───── Supplied material

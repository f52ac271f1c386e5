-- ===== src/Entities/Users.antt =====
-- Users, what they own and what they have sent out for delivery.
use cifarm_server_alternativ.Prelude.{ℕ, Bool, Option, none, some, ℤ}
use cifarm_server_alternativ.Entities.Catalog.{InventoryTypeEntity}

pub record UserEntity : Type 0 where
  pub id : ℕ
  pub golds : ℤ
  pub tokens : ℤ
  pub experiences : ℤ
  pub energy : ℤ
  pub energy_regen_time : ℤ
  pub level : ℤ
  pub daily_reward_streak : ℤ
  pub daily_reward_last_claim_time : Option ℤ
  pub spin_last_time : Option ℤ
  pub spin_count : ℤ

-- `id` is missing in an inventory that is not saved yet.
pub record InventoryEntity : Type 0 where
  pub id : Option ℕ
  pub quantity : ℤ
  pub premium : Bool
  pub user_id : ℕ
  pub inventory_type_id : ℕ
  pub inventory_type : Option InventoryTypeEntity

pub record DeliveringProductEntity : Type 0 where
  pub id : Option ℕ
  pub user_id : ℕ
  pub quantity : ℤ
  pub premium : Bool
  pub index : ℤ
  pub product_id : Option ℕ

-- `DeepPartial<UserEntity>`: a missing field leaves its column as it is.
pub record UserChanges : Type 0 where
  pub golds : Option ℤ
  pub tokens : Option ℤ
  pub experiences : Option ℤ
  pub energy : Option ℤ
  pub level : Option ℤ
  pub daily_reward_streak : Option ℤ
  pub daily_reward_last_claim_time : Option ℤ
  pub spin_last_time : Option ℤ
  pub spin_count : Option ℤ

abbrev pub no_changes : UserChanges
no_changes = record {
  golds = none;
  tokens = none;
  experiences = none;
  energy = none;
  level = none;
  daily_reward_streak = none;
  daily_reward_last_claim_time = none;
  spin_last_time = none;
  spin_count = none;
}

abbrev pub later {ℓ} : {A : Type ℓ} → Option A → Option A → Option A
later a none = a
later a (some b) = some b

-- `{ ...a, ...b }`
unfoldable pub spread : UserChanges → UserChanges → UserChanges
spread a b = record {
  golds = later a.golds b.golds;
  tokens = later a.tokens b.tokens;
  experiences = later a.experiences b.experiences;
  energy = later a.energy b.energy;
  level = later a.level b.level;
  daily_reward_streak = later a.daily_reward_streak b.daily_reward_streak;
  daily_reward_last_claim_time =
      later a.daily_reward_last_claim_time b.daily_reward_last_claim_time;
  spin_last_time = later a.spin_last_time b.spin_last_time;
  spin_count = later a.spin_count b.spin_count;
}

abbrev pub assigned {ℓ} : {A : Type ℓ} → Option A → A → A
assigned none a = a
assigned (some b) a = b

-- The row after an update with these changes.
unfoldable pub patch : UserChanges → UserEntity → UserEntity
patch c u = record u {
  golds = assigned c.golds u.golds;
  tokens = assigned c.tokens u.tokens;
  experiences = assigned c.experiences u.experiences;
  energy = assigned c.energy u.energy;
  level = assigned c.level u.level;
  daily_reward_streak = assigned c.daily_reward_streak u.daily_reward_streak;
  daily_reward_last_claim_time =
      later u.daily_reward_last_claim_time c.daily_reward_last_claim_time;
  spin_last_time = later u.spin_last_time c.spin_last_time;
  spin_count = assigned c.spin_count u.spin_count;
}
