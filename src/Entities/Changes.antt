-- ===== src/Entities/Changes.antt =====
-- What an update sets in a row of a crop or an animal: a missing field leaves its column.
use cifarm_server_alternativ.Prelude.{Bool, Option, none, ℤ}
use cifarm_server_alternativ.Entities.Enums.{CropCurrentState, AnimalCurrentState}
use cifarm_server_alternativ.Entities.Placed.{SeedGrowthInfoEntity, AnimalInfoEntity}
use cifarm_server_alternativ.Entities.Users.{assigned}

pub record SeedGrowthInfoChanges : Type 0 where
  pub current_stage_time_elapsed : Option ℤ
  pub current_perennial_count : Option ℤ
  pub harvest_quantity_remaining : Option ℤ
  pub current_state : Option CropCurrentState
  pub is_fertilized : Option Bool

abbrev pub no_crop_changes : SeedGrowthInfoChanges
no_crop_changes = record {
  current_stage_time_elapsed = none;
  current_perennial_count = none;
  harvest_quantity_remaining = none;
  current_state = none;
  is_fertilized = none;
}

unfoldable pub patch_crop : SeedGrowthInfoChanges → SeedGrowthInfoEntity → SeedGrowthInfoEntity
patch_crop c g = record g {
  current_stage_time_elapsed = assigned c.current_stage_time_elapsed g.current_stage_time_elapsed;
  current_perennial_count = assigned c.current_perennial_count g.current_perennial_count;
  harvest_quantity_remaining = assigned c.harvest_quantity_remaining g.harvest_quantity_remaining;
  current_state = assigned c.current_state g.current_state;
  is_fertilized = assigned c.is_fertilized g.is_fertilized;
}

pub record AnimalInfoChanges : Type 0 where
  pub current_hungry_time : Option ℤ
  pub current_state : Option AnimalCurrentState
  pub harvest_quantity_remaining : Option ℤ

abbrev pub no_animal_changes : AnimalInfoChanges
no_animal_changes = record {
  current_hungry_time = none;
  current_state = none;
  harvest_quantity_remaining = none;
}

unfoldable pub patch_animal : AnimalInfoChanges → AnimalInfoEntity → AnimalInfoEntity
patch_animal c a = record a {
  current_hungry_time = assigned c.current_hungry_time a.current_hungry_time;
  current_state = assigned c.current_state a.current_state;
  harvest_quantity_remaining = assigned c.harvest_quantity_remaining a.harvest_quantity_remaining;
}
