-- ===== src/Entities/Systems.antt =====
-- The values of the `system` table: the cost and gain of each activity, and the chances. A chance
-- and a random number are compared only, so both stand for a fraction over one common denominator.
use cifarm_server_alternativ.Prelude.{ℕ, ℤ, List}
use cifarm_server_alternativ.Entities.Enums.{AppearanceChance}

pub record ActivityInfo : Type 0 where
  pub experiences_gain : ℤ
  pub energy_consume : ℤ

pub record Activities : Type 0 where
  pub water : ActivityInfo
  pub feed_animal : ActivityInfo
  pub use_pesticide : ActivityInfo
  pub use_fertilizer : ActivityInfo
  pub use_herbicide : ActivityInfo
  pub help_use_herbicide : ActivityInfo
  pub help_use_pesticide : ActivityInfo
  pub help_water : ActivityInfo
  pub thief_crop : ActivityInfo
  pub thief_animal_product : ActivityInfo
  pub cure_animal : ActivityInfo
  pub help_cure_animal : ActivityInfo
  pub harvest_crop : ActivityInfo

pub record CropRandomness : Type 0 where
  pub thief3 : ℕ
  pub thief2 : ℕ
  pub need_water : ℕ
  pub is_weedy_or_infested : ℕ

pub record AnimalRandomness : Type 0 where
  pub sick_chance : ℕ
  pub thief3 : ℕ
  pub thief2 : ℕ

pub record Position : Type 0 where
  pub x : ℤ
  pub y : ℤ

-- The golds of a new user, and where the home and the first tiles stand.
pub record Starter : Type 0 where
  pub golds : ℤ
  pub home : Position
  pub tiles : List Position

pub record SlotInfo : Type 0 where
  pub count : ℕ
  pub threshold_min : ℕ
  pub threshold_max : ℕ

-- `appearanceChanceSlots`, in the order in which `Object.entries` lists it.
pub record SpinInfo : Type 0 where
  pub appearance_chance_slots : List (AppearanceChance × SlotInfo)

──────────

# Problem details
Retype exactly the lines above, from the one with "patch_crop c g" through the one with "current_perennial_count = assigned", inclusive.

# Result of the exercise
patch_crop c g = record g {
  current_stage_time_elapsed = assigned c.current_stage_time_elapsed g.current_stage_time_elapsed;
  current_perennial_count = assigned c.current_perennial_count g.current_perennial_count;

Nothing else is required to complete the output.